**Saved data entries:**

⁂

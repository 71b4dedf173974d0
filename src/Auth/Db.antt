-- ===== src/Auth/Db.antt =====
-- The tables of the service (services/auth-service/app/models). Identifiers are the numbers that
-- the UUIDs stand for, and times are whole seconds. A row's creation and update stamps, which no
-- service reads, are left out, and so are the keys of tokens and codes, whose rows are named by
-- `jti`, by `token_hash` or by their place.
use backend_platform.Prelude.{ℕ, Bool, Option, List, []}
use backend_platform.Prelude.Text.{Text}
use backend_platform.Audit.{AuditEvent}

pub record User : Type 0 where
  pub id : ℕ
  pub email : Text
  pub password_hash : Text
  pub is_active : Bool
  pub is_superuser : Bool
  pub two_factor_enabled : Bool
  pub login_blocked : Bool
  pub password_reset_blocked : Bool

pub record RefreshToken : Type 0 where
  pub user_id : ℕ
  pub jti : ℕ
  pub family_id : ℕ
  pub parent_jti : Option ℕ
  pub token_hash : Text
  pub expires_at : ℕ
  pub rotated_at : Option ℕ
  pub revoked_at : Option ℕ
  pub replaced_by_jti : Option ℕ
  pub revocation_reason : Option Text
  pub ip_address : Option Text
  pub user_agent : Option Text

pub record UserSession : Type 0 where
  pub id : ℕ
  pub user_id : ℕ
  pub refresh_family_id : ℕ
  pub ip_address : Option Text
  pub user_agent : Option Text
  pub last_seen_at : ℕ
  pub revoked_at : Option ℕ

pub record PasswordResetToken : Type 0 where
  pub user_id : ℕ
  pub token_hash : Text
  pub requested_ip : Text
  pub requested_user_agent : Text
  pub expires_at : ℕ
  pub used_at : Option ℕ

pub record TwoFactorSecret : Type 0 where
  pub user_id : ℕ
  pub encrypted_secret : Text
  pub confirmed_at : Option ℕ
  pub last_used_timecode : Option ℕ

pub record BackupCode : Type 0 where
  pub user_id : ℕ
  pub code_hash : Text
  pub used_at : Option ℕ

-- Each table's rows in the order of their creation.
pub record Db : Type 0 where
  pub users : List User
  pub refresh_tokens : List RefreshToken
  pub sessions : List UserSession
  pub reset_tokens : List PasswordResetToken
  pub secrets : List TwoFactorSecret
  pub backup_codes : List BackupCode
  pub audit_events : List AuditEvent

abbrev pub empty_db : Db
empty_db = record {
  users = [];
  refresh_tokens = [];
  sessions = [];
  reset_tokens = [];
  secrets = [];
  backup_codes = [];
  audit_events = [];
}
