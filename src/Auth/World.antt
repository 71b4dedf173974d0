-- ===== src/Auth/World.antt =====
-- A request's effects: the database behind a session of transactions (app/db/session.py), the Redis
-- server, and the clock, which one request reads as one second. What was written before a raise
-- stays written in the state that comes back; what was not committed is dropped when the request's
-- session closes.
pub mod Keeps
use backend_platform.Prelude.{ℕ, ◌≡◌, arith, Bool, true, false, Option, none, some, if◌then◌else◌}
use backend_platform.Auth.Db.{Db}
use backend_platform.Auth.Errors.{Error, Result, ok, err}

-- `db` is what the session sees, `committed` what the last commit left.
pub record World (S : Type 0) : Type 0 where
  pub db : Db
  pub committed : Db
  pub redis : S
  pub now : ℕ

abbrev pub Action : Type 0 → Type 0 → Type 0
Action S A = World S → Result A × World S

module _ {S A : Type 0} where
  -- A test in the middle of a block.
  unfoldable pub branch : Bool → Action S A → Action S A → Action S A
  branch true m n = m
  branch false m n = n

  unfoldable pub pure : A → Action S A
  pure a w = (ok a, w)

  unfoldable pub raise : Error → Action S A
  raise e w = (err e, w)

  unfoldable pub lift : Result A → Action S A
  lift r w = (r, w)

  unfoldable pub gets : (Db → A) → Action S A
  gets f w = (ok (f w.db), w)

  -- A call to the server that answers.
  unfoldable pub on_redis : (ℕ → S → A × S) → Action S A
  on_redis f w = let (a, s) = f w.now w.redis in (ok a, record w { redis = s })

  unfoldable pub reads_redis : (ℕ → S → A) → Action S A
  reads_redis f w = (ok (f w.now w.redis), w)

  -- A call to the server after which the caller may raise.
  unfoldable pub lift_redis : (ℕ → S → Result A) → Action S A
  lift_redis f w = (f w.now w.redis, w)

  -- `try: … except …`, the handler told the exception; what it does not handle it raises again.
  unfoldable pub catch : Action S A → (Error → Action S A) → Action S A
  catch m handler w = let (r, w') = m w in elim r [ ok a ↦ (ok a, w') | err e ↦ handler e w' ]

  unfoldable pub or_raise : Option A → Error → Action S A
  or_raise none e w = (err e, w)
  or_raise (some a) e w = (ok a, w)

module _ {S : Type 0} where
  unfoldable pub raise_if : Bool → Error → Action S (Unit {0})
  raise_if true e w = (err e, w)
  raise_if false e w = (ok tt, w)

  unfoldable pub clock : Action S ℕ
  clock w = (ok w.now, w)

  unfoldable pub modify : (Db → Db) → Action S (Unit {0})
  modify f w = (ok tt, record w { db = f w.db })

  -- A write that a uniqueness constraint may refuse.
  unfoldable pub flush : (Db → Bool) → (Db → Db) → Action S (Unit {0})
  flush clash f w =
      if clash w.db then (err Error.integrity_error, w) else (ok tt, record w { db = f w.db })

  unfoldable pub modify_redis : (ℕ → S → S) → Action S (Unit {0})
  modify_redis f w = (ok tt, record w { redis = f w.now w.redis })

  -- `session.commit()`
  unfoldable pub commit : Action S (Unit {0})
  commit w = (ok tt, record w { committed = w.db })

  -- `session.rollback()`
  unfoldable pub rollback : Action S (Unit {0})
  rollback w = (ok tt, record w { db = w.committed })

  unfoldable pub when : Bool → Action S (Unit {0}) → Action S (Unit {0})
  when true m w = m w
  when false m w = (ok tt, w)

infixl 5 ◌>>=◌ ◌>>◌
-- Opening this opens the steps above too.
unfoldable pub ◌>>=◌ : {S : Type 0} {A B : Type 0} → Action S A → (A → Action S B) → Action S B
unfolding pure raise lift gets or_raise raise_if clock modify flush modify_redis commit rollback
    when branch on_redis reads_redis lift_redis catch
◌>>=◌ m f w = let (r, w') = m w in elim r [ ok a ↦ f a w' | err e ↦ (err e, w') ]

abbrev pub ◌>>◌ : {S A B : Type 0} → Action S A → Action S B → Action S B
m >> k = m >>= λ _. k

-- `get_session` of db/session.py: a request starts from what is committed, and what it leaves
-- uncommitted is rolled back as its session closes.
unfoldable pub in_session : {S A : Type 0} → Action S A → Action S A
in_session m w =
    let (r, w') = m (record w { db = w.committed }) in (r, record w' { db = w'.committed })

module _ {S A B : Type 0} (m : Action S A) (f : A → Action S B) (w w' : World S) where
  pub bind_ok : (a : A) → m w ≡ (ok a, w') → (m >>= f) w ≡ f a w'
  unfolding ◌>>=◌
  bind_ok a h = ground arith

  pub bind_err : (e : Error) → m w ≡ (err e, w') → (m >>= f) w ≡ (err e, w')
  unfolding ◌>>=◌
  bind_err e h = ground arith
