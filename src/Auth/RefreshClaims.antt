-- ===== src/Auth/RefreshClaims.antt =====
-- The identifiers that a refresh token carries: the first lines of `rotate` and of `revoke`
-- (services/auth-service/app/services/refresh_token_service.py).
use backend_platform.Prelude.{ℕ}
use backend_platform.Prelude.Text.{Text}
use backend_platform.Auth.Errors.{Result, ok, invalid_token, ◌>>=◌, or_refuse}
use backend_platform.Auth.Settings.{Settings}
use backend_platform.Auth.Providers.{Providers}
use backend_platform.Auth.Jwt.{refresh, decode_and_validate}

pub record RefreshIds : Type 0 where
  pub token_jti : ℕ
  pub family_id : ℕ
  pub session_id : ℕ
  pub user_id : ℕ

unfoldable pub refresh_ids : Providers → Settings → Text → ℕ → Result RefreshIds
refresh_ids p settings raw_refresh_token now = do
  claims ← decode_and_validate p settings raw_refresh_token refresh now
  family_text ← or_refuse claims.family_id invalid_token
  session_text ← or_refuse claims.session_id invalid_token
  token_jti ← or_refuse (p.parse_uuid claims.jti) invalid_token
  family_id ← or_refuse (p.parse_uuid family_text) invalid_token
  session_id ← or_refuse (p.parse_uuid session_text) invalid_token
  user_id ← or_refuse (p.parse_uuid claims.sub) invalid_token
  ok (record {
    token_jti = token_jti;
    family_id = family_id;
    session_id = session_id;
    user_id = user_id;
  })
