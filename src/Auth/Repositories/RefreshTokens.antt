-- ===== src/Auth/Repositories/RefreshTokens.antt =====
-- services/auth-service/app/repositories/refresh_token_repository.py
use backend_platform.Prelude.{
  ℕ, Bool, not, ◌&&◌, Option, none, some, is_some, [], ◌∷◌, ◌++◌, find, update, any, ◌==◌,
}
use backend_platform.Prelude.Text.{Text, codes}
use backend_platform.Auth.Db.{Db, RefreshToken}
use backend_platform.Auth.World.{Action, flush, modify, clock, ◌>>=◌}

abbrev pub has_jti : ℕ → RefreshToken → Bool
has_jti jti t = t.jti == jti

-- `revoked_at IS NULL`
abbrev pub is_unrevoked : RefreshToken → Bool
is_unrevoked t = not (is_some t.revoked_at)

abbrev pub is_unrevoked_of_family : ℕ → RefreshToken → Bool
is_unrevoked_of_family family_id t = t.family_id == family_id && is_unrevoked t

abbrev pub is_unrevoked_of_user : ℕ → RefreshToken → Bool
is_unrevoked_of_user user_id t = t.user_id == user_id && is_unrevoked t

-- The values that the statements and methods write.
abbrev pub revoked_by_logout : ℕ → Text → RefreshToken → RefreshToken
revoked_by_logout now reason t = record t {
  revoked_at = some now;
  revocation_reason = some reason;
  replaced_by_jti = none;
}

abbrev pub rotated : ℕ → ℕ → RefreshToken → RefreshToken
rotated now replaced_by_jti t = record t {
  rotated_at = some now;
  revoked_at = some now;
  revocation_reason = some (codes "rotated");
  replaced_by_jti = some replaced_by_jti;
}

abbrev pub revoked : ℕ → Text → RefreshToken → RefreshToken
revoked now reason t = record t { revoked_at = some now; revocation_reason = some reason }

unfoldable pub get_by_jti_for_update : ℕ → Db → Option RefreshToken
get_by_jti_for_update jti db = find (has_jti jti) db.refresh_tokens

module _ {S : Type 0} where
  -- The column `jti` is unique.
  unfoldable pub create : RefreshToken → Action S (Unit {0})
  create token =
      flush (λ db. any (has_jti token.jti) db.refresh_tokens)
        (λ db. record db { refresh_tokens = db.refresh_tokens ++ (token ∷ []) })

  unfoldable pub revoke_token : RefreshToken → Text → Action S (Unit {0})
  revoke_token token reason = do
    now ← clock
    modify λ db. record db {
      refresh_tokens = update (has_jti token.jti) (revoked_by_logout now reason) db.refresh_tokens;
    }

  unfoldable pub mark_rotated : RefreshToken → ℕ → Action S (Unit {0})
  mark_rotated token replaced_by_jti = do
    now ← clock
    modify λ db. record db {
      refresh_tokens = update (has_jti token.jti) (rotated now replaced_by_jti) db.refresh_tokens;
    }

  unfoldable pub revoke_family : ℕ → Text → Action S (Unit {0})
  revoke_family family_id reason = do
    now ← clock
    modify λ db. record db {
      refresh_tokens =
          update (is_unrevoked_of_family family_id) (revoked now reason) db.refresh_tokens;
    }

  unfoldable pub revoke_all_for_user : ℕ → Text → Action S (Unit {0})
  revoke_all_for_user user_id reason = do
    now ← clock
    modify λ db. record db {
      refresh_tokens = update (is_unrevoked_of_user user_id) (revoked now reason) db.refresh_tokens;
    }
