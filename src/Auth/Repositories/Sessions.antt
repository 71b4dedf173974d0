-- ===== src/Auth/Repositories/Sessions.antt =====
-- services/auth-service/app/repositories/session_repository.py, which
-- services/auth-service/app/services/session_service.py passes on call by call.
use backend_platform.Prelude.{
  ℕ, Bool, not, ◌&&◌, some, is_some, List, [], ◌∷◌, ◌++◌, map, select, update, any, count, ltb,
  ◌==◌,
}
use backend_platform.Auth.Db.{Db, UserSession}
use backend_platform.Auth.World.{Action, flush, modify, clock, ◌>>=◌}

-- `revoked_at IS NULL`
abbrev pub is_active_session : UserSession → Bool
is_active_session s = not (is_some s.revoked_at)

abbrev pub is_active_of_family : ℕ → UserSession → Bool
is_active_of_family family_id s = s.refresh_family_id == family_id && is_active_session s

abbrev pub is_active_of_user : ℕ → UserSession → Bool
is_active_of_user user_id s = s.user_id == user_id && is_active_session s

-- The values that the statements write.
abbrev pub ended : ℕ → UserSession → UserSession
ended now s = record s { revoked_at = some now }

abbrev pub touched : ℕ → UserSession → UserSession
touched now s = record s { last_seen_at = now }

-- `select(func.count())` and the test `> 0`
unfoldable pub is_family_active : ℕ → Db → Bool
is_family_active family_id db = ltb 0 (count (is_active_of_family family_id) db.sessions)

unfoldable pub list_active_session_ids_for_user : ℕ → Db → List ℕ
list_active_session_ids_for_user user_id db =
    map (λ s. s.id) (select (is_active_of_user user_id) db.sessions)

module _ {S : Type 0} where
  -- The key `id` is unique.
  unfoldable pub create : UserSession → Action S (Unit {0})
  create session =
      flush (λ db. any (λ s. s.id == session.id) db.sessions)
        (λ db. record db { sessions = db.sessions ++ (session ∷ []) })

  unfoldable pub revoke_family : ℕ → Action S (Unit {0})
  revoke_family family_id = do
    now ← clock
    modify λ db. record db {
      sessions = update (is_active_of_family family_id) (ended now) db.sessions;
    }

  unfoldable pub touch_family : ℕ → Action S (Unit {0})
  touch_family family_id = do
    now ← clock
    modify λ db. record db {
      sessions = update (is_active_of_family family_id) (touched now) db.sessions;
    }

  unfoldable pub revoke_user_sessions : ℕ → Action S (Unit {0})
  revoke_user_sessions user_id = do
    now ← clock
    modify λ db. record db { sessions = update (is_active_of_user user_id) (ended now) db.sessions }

⁂

**What you are asked to do:**
Copy whichever lines above contain the string "none".

**Answer area:**
use backend_platform.Prelude.{ℕ, ◌≡◌, arith, Bool, true, false, Option, none, some, if◌then◌else◌}
  or_raise none e w = (err e, w)
  ℕ, Bool, not, ◌&&◌, Option, none, some, is_some, [], ◌∷◌, ◌++◌, find, update, any, ◌==◌,
  replaced_by_jti = none;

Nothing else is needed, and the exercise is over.